Dasharo / dasharo-issues

The Dasharo issue tracker
https://dasharo.com/
25 stars 0 forks source link

Dasharo does not work on KGPE-D16 with two CPUs #90

Open miczyg1 opened 2 years ago

miczyg1 commented 2 years ago

Dasharo version Dasharo for KGPE-D16

Dasharo variant KGPE-D16

Affected component(s) or functionality coreboot boot process

Brief summary coreboot resets during ECC memory initialization when two CPU sockets are populated

How reproducible Always

How to reproduce

Steps to reproduce the behavior:

  1. Flash Dasharo on KGPE-D16 platform with two CPUs populated
  2. Power o the platform
  3. Observe the reset loop during ECC memory initialization on the serial console.
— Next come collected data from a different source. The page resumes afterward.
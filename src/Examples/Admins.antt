-- ===== src/Examples/Admins.antt =====
-- A super admin, an admin of a region, and a user whose account is moved and deleted.
use Prim.Native.String.{[] as empty, ◌∷◌ as ◌then◌}
use portfolio_dashboard.Prelude.{
  ℕ, zero, suc, ◌≡◌, refl, ap, true, false, ◌==◌, none, some, [], ◌∷◌, String, string_eq, nat_eq,
  nat_beq, arith, sym, ◌∙◌, inl, inr, Bool-cases, if◌then◌else◌,
}
use portfolio_dashboard.Prelude.Assoc.{lookup, insert}
use portfolio_dashboard.Domain.{ObjectId}
use portfolio_dashboard.Errors.{ok}
use portfolio_dashboard.Access.{Role, User, is_admin, is_super_admin, is_plain_user}
use portfolio_dashboard.Access.Sessions.{find_user}
use portfolio_dashboard.Exec.{healthy}
use portfolio_dashboard.Account.{answered, refused, Status}
use portfolio_dashboard.Account.Store.{patched_user, update_user, delete_user, delete_by_user}
use portfolio_dashboard.Account.Input.{valid_region}
use portfolio_dashboard.Account.Directory.{IsDirectory}
use portfolio_dashboard.Admin.{HexIds}
use portfolio_dashboard.Admin.Platform.{
  Platform, PlatformTables, delete_holdings_by_user, delete_transactions_by_user,
  delete_all_gold_by_user,
}
use portfolio_dashboard.Admin.Handlers.{
  in_scope, as_admin, as_super_admin, scoped, load_target_user, on_target, unless_own, move_user,
  admin_set_user_region,
}
use portfolio_dashboard.Admin.Requests.{
  AdminRequest, delete_data, delete_target, admin_delete_user, after_admin,
}
use portfolio_dashboard.Admin.Scope.{after_admin-Untouched}
use portfolio_dashboard.Admin.Owner.{IsOwner, after_admin-IsOwner}
use portfolio_dashboard.Admin.Deletion.Outcome.{Outcome, admin_delete_user-Outcome}
use portfolio_dashboard.Admin.Deletion.Done.{HasDeleted, admin_delete_user-ok}
use portfolio_dashboard.Examples.Memory.{memory, in_memory, no_tables}
use portfolio_dashboard.Examples.Access.{person, accounts, login_session as session}
use portfolio_dashboard.Examples.Accounts.{asha}
use portfolio_dashboard.Examples.Whole.{ℤ}
use portfolio_dashboard.Examples.Ledgers.{bought, sold}

-- A text of as many characters as the id.
unfoldable unary : ℕ → String
unary zero = empty
unary (suc n) = "x" then unary n

unfoldable unary_length : String → ℕ
unary_length empty = zero
unary_length (c then rest) = suc (unary_length rest)

unary_length-unary : (n : ℕ) → unary_length (unary n) ≡ n
unfolding unary unary_length
unary_length-unary zero = refl
unary_length-unary (suc n) = ap suc (unary_length-unary n)

abbrev tallies : HexIds
unfolding unary unary_length
tallies = record {
  hex = unary;
  from_hex = λ text. some (unary_length text);
  from_hex-hex = λ id. ap some (unary_length-unary id);
}

abbrev pub root : User
root = record (person Role.super_admin) { id = 1; username = "root" }

abbrev pub regional : User
regional = record (person Role.admin) { id = 2; username = "mira"; region = "europe" }

abbrev pub platform : Platform ℤ
platform = record {
  accounts = accounts;
  mongo = in_memory ℤ;
  gold_transactions = memory;
  gold_prices = memory;
}

abbrev pub all_tables : PlatformTables ℤ platform
all_tables = record {
  accounts = record {
    sessions = ("abc", session) ∷ [];
    users = (1, root) ∷ (2, regional) ∷ (7, asha) ∷ [];
  };
  portfolios = record (no_tables ℤ) { transactions = (1, bought) ∷ (2, sold) ∷ [] };
  gold_transactions = [];
  gold_prices = [];
}

abbrev key_of : String → ObjectId
key_of username = if username == "root" then 1 else if username == "mira" then 2 else 7

key_of-stored :
    (k : ObjectId) (u : User) → lookup k all_tables.accounts.users ≡ some u → key_of u.username ≡ k
unfolding lookup
key_of-stored k u h = elim (Bool-cases (nat_beq 1 k)) [
  | inl one ↦ by_user root u k (ground arith) (ground arith)
  | inr a ↦ elim (Bool-cases (nat_beq 2 k)) [
    | inl two ↦ by_user regional u k (ground arith) (ground arith)
    | inr b ↦ by_user asha u k (ground arith) (ground arith)
  ]
]
  where
    by_user :
        (v u : User) (k : ObjectId)
        → some v ≡ some u
        → key_of v.username ≡ k
        → key_of u.username ≡ k
    by_user v u k e h = ap (λ o. elim o [ none ↦ k | some x ↦ key_of x.username ]) (sym e) ∙ h

all_tables-IsDirectory : IsDirectory accounts all_tables.accounts
unfolding lookup
all_tables-IsDirectory = record {
  keyed = λ k u h. ground arith;
  unique = λ k j u v h g e. sym (key_of-stored k u h) ∙ ap key_of e ∙ key_of-stored j v g;
}

-- The admin of another region asks for the deletion of the user.
after_admin-Untouched_example :
    lookup 7
      (after_admin platform tallies true 5
        (some regional)
        (AdminRequest.to_delete "xxxxxxx")
        (healthy all_tables)).stored.accounts.users
    ≡ some asha
unfolding lookup in_scope is_super_admin is_plain_user
after_admin-Untouched_example =
    after_admin-Untouched platform tallies true 5 7 asha regional (AdminRequest.to_delete "xxxxxxx")
      (healthy all_tables) all_tables-IsDirectory refl refl

-- The super admin asks for the deletion of the own account.
after_admin-IsOwner_example :
    IsOwner platform tallies true 5 1
      (after_admin platform tallies true 5
        (some root)
        (AdminRequest.to_delete "x")
        (healthy all_tables)).stored.accounts
unfolding lookup is_super_admin
after_admin-IsOwner_example =
    after_admin-IsOwner platform tallies true 5 1 root (AdminRequest.to_delete "x")
      (healthy all_tables) all_tables-IsDirectory (root, refl, (refl, refl)) (λ h. refl)

admin_delete_user-Outcome_example :
    Outcome platform tallies true "xxxxxxx" 7 asha
      (admin_delete_user platform tallies true
        (some root)
        "xxxxxxx"
        (record { stored = all_tables; faults = false ∷ false ∷ false ∷ true ∷ [] })).1.stored
unfolding lookup
admin_delete_user-Outcome_example =
    admin_delete_user-Outcome platform tallies true 7 asha "xxxxxxx" root
      (record { stored = all_tables; faults = false ∷ false ∷ false ∷ true ∷ [] })
      all_tables-IsDirectory refl

admin_delete_user-ok_example :
    HasDeleted platform tallies true root all_tables
      (admin_delete_user platform tallies true (some root) "xxxxxxx" (healthy all_tables)).1.stored
unfolding unary unary_length lookup admin_delete_user as_admin is_admin load_target_user find_user
    scoped in_scope is_super_admin delete_target delete_data delete_all_gold_by_user
    delete_holdings_by_user delete_transactions_by_user delete_by_user delete_user
admin_delete_user-ok_example =
    admin_delete_user-ok platform tallies true root "xxxxxxx" (healthy all_tables) refl

-- The guard on the own account compares texts, and another text is read as the same id.
own_region_moves :
    (admin_set_user_region accounts tallies 5 (some root) "y" "us" (healthy all_tables.accounts)).0
    ≡ ok (answered (record root { region = "us" }))
unfolding unary unary_length lookup insert admin_set_user_region as_super_admin is_super_admin
    unless_own valid_region on_target load_target_user find_user scoped in_scope move_user
    update_user patched_user
own_region_moves = refl

own_region_stays :
    (admin_set_user_region accounts tallies 5 (some root) "x" "us" (healthy all_tables.accounts)).0
    ≡ ok (refused Status.forbidden)
unfolding tallies unary admin_set_user_region as_super_admin is_super_admin unless_own
own_region_stays = refl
Expected behavior The platform can boot to OS

Actual behavior The platform does not boot

Screenshots None

Additional context Maybe check the CMOS options and its default values? SOme scrubber settings may be off etc.

Solutions you've tried None

mrothfuss commented 2 years ago

this fixed it in my tests

https://github.com/Dasharo/coreboot/pull/116/commits/65ed5e1d015cbc0f7729f6103fc87b4d03a63b64

krystian-hebel commented 2 years ago

@mrothfuss unfortunately Your fix doesn't work for us, platform still reboots on first access to any of the PCI devices created by second CPU after scrubbing is enabled. We also haven't seen negative DQS recovery delay detected! on our platform, so it is probably a different issue.

With scrubbing disabled, it reboots soon after starting Linux, before anything is printed by it.

mrothfuss commented 2 years ago

Darn. I was hoping to contribute something.

In case it helps, I was testing with dual 6386's using the latest ucode. Dasharo would loop on ram training similar to what miczyg reported, but could eventually succeed. Dasharo+patch has worked fine under this setup (no boot issues or runtime instability).

mrothfuss commented 2 years ago

I was able to boot a D16 ROM provided by 3mdeb with dual CPUs without issue (hardware). I'm betting it has something to do with memory training. I did a partial audit of the memory initialization code comparing to the BKDG ... there are deviations. Looking at DQS timing results across many boots, some lanes were consistent while others had a wide distribution of values.

mrothfuss commented 1 year ago

This is probably related to #47; having faulty raminit as the underlying problem.

AGESA Fam15 code suggests that seeds for DQS Receiver Enable Training should be extensively determined for each motherboard. Seeds can be configured uniquely for every possible socket, channel, dimm, and byte lane combination. The raptor raminit code is only using the recommended seeds from Table 99 of the BKDG.

I am using an alternate AGESA algorithm: a "Seedless" training method that does not require configuration. So far it has performed flawlessly on two boards (1xC32 + 4x32GB, 2xG34 + 16x32GB). It looks like this algorithm is designed to determine the seeds to allow proper configuration of the "normal" training method -- which I assume is faster at runtime.

See MemTRdPosWithRxEnDlySeeds3() in vendorcode/amd/agesa/f15/Proc/Mem/Tech/mtthrcSeedTrain.c for details.

Another detail to be aware of: the raptor raminit code deviates from the BKDG and does not perform multiple passes of memory training according to the specification.